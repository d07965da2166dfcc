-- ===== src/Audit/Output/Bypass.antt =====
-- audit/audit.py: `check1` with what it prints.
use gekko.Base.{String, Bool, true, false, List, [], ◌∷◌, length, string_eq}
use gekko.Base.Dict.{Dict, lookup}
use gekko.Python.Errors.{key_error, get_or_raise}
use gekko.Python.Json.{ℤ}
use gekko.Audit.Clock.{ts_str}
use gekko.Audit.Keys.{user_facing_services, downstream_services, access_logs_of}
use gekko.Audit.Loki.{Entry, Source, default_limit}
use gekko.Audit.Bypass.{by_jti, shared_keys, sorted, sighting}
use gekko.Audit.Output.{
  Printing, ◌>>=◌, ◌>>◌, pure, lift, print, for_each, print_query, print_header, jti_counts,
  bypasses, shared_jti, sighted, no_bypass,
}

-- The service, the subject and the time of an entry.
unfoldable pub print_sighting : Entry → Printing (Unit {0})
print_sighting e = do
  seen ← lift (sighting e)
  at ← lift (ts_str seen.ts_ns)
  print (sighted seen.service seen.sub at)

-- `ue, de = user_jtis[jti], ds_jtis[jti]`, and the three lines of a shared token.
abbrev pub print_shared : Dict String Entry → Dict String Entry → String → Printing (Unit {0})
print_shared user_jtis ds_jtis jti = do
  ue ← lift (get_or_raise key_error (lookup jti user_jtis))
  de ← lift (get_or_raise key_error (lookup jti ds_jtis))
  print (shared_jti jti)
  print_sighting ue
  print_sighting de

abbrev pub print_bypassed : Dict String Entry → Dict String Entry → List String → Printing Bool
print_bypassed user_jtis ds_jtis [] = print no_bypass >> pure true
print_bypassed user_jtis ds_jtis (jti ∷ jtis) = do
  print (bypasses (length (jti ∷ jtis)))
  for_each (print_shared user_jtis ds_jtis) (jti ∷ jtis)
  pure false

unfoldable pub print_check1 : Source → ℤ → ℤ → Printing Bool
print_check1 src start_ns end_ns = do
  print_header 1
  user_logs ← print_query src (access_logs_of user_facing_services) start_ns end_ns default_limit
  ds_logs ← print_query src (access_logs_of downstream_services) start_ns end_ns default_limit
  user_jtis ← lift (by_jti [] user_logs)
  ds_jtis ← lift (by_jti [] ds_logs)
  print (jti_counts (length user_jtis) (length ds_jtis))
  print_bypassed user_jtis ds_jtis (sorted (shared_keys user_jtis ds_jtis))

...

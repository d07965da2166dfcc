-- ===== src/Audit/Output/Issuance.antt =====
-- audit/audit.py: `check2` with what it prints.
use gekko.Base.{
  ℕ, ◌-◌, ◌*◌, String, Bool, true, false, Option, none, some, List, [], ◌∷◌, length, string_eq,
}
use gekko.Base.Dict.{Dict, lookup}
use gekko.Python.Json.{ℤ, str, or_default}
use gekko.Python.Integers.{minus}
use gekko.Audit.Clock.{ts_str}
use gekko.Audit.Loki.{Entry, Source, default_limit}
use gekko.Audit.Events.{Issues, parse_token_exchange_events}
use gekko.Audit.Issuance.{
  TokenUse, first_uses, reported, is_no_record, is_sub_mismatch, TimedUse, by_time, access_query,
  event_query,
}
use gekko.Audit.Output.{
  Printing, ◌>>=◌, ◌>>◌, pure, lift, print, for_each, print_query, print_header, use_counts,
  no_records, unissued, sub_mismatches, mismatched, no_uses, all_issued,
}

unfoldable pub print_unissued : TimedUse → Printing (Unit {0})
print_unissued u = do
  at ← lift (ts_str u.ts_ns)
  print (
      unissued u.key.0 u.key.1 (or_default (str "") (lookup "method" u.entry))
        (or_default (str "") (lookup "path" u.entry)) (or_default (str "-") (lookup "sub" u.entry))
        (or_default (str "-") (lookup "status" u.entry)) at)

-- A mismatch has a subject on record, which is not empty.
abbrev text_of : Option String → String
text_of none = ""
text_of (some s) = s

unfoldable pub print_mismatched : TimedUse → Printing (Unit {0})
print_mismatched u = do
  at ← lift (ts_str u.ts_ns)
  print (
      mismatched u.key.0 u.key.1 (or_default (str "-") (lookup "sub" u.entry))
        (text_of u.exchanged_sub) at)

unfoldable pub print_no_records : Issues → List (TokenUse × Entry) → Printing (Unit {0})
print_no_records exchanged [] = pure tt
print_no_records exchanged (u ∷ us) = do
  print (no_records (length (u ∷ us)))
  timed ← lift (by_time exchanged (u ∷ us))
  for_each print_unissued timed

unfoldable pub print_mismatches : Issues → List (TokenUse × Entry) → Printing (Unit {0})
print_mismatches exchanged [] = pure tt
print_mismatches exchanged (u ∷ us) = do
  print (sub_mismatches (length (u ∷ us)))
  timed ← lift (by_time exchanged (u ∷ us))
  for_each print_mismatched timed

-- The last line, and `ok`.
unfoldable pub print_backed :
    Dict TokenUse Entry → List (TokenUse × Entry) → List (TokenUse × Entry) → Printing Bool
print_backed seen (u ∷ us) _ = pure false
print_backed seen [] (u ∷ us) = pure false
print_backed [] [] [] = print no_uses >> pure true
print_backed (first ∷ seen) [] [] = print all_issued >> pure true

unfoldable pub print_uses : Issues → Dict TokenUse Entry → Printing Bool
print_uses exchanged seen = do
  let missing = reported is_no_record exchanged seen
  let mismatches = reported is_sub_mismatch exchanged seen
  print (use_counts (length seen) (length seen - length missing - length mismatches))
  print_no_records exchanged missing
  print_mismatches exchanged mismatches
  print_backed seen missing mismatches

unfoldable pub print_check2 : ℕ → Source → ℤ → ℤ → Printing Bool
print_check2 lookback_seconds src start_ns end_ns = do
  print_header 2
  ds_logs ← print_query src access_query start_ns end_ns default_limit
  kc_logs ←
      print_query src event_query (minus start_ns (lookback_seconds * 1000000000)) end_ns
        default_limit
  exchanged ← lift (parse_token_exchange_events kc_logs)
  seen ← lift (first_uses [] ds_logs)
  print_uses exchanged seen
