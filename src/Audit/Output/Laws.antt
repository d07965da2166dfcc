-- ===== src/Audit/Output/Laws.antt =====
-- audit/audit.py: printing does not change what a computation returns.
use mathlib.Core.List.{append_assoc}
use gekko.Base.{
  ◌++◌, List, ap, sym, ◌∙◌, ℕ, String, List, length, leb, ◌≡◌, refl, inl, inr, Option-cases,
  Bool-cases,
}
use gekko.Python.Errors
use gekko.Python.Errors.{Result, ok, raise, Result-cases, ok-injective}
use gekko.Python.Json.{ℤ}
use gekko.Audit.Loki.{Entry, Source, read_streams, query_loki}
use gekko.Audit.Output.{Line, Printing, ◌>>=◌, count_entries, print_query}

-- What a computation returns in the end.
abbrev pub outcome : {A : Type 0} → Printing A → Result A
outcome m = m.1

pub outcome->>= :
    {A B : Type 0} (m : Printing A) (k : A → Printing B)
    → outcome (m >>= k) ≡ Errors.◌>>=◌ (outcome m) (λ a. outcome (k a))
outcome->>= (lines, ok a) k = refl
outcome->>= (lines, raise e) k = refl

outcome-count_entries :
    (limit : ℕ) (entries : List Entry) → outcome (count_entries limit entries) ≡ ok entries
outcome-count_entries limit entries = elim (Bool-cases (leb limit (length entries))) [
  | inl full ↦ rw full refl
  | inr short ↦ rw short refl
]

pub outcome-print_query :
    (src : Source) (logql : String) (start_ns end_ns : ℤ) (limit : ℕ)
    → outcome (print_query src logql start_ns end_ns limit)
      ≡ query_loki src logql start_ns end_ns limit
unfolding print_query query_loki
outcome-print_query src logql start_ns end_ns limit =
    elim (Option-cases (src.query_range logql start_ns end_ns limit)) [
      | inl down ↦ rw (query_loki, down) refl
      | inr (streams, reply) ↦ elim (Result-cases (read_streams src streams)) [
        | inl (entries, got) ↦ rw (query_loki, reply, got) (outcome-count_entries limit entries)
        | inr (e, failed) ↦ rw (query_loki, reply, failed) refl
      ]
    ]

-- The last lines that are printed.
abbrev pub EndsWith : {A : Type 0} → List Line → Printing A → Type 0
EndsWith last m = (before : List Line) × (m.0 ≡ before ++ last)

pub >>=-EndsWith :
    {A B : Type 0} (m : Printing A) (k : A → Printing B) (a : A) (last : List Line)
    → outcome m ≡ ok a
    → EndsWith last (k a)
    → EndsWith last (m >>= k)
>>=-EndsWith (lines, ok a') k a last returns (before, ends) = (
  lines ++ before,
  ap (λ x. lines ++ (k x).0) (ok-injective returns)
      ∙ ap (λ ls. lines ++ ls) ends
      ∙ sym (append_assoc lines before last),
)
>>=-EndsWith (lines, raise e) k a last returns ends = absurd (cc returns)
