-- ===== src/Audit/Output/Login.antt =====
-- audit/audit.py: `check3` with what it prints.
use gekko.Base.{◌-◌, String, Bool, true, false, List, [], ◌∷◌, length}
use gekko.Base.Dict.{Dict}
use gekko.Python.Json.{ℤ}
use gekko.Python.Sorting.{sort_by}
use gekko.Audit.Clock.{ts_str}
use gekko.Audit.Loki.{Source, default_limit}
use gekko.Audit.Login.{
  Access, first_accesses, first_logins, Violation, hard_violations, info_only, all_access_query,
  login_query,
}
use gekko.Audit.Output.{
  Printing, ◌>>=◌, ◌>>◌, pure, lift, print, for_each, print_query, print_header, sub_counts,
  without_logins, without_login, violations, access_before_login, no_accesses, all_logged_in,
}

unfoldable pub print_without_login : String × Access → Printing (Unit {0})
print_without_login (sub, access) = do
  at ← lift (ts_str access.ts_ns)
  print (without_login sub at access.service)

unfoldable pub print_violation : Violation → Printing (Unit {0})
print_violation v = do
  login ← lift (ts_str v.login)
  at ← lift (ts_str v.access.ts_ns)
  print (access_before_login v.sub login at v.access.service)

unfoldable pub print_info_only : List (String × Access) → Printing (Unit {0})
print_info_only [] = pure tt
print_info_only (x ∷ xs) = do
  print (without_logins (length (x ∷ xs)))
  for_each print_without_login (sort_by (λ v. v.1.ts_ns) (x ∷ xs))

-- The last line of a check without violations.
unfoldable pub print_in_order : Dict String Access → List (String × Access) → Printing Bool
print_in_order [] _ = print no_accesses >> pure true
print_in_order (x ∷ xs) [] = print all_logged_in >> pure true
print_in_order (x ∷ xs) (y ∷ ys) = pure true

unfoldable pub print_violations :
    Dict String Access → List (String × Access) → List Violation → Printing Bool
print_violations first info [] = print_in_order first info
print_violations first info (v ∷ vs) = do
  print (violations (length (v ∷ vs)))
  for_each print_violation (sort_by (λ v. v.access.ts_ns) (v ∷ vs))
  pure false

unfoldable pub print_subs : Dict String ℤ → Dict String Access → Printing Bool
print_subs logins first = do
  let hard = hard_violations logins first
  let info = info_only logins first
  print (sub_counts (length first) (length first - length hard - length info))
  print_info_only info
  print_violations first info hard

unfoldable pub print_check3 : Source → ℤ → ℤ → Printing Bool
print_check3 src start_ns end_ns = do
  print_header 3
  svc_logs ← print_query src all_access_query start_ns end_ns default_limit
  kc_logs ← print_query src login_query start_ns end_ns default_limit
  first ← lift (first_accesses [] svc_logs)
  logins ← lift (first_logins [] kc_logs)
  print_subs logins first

==

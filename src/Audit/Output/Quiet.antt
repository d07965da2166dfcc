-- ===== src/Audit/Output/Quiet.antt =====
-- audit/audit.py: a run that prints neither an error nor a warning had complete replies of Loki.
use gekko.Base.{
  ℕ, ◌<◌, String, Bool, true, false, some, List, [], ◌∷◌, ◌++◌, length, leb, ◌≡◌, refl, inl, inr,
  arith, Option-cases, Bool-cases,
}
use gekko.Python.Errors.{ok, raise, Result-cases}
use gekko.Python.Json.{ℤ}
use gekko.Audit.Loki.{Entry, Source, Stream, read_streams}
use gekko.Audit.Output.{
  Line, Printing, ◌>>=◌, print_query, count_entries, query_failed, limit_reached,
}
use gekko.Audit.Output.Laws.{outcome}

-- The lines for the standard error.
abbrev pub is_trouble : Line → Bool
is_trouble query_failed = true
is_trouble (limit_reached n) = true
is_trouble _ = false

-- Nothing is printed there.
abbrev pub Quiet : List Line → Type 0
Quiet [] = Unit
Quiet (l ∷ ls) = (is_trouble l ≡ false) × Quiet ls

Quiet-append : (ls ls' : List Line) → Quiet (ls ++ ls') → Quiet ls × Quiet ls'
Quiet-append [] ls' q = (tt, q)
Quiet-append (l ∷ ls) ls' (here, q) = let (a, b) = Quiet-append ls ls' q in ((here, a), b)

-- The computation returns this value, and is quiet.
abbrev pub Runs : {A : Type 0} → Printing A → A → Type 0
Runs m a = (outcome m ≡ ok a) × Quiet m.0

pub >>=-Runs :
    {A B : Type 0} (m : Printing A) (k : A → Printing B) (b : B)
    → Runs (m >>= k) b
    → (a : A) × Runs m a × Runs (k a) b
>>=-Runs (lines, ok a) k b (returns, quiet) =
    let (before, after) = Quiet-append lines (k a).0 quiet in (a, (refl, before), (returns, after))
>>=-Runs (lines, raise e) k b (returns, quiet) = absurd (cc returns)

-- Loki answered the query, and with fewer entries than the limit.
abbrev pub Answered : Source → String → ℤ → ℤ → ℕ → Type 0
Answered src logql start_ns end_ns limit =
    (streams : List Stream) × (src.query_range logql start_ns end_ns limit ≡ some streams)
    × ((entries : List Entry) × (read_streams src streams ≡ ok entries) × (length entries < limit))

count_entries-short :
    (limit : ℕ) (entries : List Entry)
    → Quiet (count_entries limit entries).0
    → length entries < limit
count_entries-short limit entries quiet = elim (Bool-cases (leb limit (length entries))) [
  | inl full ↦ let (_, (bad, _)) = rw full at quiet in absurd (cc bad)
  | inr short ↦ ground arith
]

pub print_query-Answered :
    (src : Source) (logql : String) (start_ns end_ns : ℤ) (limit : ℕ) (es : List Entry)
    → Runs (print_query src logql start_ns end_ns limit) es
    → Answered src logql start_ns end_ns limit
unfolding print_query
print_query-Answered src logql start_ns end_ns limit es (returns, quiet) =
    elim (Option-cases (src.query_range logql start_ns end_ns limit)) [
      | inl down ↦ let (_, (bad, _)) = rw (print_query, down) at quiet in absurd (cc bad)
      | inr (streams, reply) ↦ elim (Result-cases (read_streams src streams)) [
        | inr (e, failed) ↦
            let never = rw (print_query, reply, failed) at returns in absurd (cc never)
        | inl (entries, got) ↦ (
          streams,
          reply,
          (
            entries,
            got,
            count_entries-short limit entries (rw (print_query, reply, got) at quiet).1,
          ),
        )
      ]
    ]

__Task instructions__. From the material above, set down exactly the lines starting at the one with "unfoldable pub print_info_only" and ending at the one with "print_info_only info", end lines included.

__Exercise result__.
unfoldable pub print_info_only : List (String × Access) → Printing (Unit {0})
print_info_only [] = pure tt
print_info_only (x ∷ xs) = do
  print (without_logins (length (x ∷ xs)))
  for_each print_without_login (sort_by (λ v. v.1.ts_ns) (x ∷ xs))

-- The last line of a check without violations.
unfoldable pub print_in_order : Dict String Access → List (String × Access) → Printing Bool
print_in_order [] _ = print no_accesses >> pure true
print_in_order (x ∷ xs) [] = print all_logged_in >> pure true
print_in_order (x ∷ xs) (y ∷ ys) = pure true

unfoldable pub print_violations :
    Dict String Access → List (String × Access) → List Violation → Printing Bool
print_violations first info [] = print_in_order first info
print_violations first info (v ∷ vs) = do
  print (violations (length (v ∷ vs)))
  for_each print_violation (sort_by (λ v. v.access.ts_ns) (v ∷ vs))
  pure false

unfoldable pub print_subs : Dict String ℤ → Dict String Access → Printing Bool
print_subs logins first = do
  let hard = hard_violations logins first
  let info = info_only logins first
  print (sub_counts (length first) (length first - length hard - length info))
  print_info_only info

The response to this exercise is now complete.